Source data
[Start of section]

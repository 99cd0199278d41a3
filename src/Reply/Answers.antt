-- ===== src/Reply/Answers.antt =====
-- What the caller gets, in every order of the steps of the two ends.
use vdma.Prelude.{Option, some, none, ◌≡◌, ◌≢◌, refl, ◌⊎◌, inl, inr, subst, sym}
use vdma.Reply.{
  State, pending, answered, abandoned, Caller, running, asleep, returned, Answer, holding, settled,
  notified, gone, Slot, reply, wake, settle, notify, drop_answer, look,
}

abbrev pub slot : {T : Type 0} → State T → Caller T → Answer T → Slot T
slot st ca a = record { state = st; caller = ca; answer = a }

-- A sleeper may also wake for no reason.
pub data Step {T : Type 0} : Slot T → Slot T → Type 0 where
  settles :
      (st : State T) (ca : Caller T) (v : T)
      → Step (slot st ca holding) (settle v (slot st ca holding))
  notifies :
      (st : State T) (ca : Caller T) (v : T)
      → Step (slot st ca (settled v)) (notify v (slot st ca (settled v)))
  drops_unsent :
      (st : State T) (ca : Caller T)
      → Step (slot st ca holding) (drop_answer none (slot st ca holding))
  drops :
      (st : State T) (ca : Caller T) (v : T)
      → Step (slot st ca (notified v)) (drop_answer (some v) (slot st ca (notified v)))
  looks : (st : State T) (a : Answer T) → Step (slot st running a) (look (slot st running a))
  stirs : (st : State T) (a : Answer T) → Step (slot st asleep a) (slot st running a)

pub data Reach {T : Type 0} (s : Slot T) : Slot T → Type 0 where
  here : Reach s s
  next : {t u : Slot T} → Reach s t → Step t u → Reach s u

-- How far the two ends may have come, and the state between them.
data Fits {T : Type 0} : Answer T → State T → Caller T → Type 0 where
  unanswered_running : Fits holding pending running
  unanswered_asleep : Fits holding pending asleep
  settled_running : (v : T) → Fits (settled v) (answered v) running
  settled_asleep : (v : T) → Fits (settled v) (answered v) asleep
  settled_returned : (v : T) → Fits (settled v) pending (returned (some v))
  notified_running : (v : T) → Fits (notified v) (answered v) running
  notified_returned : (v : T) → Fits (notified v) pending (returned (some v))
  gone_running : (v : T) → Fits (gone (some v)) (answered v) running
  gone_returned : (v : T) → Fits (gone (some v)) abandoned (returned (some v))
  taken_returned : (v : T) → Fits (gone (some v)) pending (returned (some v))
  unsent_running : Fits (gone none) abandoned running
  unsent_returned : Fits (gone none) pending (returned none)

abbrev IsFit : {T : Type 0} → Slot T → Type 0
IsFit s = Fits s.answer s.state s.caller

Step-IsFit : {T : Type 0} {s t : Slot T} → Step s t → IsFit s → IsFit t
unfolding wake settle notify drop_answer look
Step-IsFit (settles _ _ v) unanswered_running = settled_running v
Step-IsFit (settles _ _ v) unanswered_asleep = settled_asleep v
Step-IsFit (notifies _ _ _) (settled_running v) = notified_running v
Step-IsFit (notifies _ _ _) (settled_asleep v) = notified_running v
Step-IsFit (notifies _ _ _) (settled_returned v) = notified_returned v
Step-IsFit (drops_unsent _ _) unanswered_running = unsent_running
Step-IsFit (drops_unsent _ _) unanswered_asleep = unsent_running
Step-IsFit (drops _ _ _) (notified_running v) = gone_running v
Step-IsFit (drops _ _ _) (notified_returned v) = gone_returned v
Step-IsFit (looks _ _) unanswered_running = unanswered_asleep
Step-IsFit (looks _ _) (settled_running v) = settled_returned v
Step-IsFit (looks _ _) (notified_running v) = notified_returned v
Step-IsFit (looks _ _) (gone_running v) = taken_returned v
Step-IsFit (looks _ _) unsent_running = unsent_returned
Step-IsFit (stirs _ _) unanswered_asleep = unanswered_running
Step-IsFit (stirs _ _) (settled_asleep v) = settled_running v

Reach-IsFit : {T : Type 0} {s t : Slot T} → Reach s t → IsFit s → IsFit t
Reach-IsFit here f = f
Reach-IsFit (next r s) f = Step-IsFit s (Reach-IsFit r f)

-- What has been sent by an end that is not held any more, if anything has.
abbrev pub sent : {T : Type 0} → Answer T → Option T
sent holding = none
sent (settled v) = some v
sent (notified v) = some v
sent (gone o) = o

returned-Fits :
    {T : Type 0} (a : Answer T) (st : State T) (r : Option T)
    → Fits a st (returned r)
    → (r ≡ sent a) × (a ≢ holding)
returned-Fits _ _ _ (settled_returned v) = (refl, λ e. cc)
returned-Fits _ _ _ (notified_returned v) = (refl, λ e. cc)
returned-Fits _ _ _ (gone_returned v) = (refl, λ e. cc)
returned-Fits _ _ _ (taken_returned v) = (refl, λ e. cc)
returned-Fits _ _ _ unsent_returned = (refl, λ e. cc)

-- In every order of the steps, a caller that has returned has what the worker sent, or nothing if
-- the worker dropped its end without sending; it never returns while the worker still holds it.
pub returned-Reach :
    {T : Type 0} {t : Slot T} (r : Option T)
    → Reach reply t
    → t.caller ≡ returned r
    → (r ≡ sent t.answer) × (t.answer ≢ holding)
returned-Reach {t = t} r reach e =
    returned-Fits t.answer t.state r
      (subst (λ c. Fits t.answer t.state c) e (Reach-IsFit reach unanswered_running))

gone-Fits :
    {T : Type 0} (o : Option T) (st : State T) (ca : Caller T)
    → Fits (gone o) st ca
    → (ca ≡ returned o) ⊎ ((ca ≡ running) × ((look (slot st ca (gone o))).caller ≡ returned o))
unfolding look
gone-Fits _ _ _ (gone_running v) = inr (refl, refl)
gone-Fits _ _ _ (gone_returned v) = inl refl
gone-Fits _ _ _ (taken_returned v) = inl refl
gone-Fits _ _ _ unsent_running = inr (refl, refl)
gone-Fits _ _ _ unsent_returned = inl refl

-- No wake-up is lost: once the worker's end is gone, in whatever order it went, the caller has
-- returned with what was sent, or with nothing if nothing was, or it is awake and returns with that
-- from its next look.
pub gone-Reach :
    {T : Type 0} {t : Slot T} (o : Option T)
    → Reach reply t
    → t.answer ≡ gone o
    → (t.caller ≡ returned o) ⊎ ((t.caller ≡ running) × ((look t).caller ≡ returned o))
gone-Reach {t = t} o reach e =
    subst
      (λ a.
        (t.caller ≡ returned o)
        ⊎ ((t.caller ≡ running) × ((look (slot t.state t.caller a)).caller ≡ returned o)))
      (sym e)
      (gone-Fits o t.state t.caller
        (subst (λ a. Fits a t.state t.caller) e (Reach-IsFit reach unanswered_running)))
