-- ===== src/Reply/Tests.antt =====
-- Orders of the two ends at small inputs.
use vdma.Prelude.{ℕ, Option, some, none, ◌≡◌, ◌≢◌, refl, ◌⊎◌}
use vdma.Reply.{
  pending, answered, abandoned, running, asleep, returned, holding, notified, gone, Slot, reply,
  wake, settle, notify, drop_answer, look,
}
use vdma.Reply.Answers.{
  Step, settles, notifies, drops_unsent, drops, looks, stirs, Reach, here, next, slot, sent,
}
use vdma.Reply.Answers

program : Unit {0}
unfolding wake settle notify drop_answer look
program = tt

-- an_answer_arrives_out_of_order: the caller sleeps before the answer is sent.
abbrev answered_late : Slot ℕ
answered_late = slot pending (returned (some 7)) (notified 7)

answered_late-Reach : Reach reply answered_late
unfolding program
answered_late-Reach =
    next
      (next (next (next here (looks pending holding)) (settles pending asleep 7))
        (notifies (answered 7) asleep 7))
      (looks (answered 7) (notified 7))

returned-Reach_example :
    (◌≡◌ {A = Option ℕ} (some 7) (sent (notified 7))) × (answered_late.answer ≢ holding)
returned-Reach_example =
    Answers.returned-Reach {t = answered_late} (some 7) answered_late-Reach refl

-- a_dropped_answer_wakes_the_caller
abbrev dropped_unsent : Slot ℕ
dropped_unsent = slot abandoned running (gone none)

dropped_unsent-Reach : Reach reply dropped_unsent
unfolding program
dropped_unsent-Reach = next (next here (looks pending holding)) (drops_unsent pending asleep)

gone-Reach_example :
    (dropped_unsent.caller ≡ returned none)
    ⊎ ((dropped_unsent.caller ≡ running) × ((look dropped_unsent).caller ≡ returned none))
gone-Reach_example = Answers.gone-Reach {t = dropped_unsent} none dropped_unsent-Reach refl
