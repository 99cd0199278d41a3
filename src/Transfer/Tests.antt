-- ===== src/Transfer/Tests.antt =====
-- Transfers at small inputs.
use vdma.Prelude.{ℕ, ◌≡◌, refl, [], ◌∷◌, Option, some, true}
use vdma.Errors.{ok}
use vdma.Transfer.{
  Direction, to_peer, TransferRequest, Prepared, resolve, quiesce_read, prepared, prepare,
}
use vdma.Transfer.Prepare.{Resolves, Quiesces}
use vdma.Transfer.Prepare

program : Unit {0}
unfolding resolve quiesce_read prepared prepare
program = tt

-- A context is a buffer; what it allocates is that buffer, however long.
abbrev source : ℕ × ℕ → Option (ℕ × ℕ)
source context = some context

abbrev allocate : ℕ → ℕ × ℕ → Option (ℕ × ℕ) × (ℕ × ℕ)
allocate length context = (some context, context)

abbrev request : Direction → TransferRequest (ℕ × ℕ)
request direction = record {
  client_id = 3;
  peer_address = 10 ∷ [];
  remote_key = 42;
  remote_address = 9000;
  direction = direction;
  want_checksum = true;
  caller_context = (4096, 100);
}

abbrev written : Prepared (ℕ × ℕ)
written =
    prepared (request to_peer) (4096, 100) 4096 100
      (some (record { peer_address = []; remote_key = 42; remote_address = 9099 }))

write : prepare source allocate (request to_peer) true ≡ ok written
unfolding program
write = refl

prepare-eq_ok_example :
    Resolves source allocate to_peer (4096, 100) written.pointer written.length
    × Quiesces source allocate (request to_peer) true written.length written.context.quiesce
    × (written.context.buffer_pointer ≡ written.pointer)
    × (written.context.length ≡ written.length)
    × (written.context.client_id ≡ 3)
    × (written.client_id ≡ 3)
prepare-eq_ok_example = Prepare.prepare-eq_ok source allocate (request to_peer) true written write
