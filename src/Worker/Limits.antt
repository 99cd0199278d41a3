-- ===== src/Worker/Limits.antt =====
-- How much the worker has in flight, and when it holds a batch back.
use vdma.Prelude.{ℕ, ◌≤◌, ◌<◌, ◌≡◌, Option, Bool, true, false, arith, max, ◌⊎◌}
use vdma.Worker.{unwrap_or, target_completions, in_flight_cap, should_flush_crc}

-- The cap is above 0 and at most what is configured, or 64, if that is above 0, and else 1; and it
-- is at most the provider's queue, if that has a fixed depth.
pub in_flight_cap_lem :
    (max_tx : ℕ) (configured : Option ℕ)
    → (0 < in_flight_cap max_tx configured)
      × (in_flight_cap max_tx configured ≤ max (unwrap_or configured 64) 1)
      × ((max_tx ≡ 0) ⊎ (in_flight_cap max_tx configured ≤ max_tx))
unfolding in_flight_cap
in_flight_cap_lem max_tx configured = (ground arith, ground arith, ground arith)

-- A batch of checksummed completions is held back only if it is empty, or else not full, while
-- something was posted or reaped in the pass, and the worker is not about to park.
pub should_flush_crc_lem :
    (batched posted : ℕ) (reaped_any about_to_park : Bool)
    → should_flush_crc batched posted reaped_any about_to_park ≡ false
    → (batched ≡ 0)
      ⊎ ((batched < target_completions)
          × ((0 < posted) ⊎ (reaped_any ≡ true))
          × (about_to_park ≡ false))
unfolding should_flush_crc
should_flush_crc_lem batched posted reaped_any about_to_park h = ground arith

[End of section]
[Start of section]

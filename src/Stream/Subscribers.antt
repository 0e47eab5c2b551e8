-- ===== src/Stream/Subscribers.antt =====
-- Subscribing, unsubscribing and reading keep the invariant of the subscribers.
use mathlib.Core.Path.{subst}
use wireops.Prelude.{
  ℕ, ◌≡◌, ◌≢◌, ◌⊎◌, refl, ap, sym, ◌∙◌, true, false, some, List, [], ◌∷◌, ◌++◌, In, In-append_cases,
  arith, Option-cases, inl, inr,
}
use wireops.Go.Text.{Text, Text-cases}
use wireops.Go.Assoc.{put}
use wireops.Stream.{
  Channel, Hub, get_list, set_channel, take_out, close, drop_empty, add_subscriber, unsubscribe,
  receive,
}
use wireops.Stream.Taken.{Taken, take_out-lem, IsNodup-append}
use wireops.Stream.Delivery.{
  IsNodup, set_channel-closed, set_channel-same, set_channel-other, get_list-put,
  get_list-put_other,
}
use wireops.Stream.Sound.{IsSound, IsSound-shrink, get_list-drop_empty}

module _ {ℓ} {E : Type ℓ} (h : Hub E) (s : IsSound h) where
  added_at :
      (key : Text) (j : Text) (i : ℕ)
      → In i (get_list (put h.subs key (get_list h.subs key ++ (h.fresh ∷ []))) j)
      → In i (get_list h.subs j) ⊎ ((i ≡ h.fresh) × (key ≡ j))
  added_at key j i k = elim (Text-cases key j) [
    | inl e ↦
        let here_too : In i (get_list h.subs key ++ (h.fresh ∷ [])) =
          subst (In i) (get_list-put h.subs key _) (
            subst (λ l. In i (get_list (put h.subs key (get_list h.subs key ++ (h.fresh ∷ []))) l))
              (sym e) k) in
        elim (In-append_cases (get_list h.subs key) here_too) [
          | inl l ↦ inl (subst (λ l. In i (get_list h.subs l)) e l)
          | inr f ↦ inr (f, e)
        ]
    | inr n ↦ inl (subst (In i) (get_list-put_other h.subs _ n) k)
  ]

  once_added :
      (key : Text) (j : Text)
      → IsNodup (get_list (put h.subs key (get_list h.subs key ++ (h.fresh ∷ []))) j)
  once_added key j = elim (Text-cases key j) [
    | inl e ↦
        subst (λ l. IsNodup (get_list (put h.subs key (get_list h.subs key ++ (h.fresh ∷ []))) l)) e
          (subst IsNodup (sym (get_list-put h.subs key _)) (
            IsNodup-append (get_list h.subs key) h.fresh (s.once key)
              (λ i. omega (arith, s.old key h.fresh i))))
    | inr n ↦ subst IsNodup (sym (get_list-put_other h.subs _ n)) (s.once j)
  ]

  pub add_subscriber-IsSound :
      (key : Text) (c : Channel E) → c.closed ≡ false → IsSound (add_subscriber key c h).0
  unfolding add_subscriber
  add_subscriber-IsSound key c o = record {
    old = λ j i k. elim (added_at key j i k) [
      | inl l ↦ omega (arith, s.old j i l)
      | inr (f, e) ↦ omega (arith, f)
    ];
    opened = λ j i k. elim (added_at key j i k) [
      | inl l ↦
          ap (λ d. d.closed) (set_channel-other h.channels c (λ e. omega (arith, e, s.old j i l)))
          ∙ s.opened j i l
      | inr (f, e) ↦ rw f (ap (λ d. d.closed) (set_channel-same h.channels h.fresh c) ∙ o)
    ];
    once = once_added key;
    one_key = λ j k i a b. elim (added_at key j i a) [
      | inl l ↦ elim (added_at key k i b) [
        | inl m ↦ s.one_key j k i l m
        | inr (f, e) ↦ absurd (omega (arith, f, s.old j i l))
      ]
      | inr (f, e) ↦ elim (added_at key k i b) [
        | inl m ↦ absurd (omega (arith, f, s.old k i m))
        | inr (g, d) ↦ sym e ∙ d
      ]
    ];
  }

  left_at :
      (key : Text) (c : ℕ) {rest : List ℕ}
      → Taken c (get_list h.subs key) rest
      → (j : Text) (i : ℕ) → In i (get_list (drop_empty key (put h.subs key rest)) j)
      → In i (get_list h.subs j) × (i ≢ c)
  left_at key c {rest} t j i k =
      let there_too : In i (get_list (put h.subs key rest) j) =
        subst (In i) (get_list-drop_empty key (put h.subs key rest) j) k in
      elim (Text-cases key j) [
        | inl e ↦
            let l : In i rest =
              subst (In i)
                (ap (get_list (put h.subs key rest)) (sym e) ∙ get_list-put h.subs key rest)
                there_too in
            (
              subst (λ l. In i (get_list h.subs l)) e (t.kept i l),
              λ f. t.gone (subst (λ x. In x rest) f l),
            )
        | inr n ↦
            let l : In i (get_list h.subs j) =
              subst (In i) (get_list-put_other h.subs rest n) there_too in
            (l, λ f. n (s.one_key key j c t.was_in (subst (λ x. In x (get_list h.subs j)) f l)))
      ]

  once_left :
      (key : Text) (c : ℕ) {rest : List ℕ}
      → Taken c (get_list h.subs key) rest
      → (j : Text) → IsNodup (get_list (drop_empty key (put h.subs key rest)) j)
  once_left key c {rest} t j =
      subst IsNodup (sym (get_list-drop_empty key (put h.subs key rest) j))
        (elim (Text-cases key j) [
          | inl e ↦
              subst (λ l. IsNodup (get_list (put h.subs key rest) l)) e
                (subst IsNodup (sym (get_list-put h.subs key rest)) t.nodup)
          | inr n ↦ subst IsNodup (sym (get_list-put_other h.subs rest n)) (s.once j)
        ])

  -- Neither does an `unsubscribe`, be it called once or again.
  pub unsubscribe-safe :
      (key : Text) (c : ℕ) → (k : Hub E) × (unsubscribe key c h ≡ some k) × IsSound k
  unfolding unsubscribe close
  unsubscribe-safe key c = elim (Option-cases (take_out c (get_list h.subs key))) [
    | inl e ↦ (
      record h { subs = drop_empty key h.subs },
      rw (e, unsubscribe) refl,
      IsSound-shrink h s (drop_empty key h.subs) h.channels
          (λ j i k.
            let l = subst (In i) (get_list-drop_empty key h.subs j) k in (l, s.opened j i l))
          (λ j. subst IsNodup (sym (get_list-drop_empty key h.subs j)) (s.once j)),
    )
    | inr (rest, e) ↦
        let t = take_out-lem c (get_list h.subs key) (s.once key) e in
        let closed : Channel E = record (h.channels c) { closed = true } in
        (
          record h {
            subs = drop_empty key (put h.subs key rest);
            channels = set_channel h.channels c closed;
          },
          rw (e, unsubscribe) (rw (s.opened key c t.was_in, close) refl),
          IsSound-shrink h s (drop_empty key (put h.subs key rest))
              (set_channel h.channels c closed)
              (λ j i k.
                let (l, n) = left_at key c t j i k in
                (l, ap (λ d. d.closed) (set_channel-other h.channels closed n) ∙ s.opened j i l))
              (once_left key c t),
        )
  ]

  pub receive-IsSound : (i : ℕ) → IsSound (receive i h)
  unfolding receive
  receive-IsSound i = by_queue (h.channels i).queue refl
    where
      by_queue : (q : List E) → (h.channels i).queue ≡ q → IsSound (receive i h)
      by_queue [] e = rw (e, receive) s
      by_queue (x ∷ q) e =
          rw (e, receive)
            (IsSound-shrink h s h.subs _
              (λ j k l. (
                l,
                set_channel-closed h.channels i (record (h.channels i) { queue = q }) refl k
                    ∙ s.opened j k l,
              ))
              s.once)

[End of section]
[Start of section]

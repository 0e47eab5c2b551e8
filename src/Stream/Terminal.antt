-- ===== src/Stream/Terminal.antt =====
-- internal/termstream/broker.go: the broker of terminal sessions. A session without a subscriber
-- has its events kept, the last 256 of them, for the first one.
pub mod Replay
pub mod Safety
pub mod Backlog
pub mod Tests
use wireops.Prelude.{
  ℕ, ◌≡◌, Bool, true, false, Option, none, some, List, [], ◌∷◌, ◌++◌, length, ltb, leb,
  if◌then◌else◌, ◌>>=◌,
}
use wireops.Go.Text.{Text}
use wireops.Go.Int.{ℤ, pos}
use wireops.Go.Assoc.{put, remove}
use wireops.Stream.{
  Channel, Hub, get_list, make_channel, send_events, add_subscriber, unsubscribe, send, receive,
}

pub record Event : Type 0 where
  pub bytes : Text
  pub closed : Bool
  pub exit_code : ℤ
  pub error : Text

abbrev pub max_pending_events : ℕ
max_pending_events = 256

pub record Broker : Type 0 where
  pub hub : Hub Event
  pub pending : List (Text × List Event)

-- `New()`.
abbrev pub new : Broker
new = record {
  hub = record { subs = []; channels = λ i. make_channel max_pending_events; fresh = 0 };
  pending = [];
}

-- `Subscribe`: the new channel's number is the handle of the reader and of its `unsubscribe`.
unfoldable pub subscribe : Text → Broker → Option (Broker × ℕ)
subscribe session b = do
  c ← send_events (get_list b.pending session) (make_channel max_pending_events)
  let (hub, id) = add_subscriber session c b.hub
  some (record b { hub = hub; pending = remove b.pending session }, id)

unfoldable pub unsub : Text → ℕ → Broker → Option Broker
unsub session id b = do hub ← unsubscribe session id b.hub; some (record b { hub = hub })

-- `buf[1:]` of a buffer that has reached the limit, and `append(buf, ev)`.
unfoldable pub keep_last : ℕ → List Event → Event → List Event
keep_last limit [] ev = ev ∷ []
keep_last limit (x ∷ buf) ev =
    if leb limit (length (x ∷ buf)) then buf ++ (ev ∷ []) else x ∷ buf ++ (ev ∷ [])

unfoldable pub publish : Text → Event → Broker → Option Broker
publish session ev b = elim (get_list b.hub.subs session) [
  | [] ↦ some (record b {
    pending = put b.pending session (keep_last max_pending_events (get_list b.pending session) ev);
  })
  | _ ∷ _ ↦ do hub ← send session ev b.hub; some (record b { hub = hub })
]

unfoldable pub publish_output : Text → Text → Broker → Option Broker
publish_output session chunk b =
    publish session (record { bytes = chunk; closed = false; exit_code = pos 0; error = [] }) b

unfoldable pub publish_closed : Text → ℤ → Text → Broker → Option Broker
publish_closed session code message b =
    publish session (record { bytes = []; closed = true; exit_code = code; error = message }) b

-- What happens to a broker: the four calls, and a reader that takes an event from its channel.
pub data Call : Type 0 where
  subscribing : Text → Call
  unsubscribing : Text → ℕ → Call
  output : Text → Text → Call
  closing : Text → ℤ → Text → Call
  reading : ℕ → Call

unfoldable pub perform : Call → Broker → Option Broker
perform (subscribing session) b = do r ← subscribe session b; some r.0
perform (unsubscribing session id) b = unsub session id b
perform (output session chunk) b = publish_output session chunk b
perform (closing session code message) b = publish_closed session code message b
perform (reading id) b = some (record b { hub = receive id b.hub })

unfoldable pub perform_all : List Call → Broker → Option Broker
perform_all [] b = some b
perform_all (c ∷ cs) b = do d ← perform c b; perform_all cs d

[End of section]

Aim of the task
Of the lines above, extract only those from the line with "o))).caller ≡ returned o))" to the line with "-- returned with", both included, exactly as written.

Exercise solution
    → (ca ≡ returned o) ⊎ ((ca ≡ running) × ((look (slot st ca (gone o))).caller ≡ returned o))
unfolding look
gone-Fits _ _ _ (gone_running v) = inr (refl, refl)
gone-Fits _ _ _ (gone_returned v) = inl refl
gone-Fits _ _ _ (taken_returned v) = inl refl
gone-Fits _ _ _ unsent_running = inr (refl, refl)
gone-Fits _ _ _ unsent_returned = inl refl

-- No wake-up is lost: once the worker's end is gone, in whatever order it went, the caller has
-- returned with what was sent, or with nothing if nothing was, or it is awake and returns with that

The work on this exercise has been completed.